** Opening EXTRACTED RECORDS block **

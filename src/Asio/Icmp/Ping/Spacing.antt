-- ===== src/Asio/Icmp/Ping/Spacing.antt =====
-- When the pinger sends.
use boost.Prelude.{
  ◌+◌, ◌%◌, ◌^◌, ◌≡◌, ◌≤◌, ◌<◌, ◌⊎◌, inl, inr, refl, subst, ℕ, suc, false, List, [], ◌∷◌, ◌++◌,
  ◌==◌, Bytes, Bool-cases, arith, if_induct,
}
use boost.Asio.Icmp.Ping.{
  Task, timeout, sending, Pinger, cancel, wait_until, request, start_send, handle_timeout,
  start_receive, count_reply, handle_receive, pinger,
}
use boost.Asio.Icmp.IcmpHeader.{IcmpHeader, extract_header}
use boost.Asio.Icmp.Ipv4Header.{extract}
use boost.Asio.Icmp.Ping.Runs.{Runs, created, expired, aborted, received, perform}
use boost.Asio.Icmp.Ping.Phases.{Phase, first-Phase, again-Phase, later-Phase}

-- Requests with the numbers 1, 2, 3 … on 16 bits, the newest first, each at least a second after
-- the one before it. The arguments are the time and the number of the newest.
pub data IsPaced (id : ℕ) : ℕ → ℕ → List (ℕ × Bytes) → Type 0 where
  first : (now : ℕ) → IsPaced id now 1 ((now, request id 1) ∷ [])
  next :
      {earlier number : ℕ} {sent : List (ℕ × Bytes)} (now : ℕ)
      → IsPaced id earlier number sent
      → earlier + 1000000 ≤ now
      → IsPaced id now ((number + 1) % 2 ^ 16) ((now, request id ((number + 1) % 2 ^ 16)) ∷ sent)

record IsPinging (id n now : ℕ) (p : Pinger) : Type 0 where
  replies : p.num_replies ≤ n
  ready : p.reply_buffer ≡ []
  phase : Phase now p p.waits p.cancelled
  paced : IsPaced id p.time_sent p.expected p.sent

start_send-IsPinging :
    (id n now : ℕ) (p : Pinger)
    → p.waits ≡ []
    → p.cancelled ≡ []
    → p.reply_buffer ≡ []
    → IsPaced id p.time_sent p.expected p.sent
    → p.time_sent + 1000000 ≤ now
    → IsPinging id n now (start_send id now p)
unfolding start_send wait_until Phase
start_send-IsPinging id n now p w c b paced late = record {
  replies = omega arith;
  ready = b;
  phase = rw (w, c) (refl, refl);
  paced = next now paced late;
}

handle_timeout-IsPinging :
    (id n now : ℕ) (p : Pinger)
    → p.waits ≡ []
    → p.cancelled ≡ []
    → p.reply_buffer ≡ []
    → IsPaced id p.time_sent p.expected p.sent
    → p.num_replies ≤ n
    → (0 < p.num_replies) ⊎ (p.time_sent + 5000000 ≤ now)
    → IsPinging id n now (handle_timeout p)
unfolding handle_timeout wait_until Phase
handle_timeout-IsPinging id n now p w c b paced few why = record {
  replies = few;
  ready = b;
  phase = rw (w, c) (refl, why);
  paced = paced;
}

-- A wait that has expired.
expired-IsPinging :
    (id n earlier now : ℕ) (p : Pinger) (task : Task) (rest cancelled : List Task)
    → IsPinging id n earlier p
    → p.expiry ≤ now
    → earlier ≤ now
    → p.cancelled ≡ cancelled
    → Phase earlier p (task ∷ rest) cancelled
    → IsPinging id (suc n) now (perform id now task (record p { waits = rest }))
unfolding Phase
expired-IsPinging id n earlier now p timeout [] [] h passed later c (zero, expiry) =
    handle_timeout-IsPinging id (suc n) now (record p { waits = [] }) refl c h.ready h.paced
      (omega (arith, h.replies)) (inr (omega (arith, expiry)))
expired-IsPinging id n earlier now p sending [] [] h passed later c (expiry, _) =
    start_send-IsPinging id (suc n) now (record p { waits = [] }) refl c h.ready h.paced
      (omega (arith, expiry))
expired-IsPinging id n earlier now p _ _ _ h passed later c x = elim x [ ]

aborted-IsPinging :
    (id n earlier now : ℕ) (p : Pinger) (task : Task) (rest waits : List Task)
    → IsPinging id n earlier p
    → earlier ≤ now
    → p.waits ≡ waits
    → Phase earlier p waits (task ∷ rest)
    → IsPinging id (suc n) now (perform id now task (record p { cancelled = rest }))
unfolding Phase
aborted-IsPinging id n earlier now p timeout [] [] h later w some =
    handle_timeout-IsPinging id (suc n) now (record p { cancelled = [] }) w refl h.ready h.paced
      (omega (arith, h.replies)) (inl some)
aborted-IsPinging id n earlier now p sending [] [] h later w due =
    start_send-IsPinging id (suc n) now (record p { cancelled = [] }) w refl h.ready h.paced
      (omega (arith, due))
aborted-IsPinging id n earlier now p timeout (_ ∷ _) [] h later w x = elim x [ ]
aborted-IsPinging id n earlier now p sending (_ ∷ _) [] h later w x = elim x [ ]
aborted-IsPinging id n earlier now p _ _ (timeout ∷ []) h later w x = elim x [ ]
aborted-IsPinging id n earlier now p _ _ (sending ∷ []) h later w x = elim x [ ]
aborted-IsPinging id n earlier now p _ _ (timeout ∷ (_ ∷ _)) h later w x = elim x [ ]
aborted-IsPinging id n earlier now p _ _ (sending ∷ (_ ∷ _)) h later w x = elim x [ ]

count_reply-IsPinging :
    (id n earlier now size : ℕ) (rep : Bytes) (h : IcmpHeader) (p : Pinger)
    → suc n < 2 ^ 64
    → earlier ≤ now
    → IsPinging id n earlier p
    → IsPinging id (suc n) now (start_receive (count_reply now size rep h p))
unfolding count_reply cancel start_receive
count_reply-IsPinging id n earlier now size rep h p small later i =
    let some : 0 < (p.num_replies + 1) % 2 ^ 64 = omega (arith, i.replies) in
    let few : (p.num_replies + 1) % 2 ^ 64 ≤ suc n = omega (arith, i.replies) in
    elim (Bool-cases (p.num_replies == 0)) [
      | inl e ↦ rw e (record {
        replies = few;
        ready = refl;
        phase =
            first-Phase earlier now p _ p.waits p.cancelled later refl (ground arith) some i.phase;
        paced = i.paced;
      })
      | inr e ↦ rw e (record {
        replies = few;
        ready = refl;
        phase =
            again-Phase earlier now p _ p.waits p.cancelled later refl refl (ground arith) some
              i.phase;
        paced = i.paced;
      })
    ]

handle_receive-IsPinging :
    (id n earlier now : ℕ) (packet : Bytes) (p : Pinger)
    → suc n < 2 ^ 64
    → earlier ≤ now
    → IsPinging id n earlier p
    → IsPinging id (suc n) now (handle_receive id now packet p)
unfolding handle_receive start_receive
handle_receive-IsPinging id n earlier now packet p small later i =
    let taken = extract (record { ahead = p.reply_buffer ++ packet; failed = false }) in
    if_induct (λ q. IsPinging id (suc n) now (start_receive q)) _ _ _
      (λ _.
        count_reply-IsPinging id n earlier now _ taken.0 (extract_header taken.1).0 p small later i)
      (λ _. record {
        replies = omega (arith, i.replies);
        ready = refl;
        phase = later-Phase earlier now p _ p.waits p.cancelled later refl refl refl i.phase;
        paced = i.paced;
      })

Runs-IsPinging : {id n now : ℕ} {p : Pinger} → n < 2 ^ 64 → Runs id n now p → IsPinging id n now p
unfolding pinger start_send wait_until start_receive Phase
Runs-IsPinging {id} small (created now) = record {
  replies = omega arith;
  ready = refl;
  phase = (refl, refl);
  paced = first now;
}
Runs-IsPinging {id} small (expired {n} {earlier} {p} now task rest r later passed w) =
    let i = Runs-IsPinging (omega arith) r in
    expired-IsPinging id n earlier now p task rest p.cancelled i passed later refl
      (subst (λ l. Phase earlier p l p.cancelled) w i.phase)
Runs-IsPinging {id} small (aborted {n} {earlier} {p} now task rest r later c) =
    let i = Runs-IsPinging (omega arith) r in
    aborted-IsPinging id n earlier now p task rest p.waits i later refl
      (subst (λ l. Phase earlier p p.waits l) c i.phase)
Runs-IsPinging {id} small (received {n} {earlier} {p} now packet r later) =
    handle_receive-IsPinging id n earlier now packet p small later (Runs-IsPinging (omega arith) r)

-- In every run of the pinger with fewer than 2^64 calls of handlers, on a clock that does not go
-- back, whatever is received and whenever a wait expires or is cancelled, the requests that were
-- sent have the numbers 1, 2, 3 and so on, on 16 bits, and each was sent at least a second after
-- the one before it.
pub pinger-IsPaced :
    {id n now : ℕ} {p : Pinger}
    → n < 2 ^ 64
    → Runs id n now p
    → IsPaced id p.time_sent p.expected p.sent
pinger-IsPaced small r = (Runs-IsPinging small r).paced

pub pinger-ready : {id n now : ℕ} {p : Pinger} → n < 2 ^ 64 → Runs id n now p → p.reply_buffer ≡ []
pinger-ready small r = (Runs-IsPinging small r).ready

** Closing EXTRACTED RECORDS block **

Above are the records; copy exactly the lines from the line with "phase = rw (w, c) (refl, why);" through the line with "aborted-IsPinging id n earlier now p _ _ (timeout ∷ [])", both included.

  phase = rw (w, c) (refl, why);
  paced = paced;
}

-- A wait that has expired.
expired-IsPinging :
    (id n earlier now : ℕ) (p : Pinger) (task : Task) (rest cancelled : List Task)
    → IsPinging id n earlier p
    → p.expiry ≤ now
    → earlier ≤ now
    → p.cancelled ≡ cancelled
    → Phase earlier p (task ∷ rest) cancelled
    → IsPinging id (suc n) now (perform id now task (record p { waits = rest }))
unfolding Phase
expired-IsPinging id n earlier now p timeout [] [] h passed later c (zero, expiry) =
    handle_timeout-IsPinging id (suc n) now (record p { waits = [] }) refl c h.ready h.paced
      (omega (arith, h.replies)) (inr (omega (arith, expiry)))
expired-IsPinging id n earlier now p sending [] [] h passed later c (expiry, _) =
    start_send-IsPinging id (suc n) now (record p { waits = [] }) refl c h.ready h.paced
      (omega (arith, expiry))
expired-IsPinging id n earlier now p _ _ _ h passed later c x = elim x [ ]

aborted-IsPinging :
    (id n earlier now : ℕ) (p : Pinger) (task : Task) (rest waits : List Task)
    → IsPinging id n earlier p
    → earlier ≤ now
    → p.waits ≡ waits
    → Phase earlier p waits (task ∷ rest)
    → IsPinging id (suc n) now (perform id now task (record p { cancelled = rest }))
unfolding Phase
aborted-IsPinging id n earlier now p timeout [] [] h later w some =
    handle_timeout-IsPinging id (suc n) now (record p { cancelled = [] }) w refl h.ready h.paced
      (omega (arith, h.replies)) (inl some)
aborted-IsPinging id n earlier now p sending [] [] h later w due =
    start_send-IsPinging id (suc n) now (record p { cancelled = [] }) w refl h.ready h.paced
      (omega (arith, due))
aborted-IsPinging id n earlier now p timeout (_ ∷ _) [] h later w x = elim x [ ]
aborted-IsPinging id n earlier now p sending (_ ∷ _) [] h later w x = elim x [ ]
aborted-IsPinging id n earlier now p _ _ (timeout ∷ []) h later w x = elim x [ ]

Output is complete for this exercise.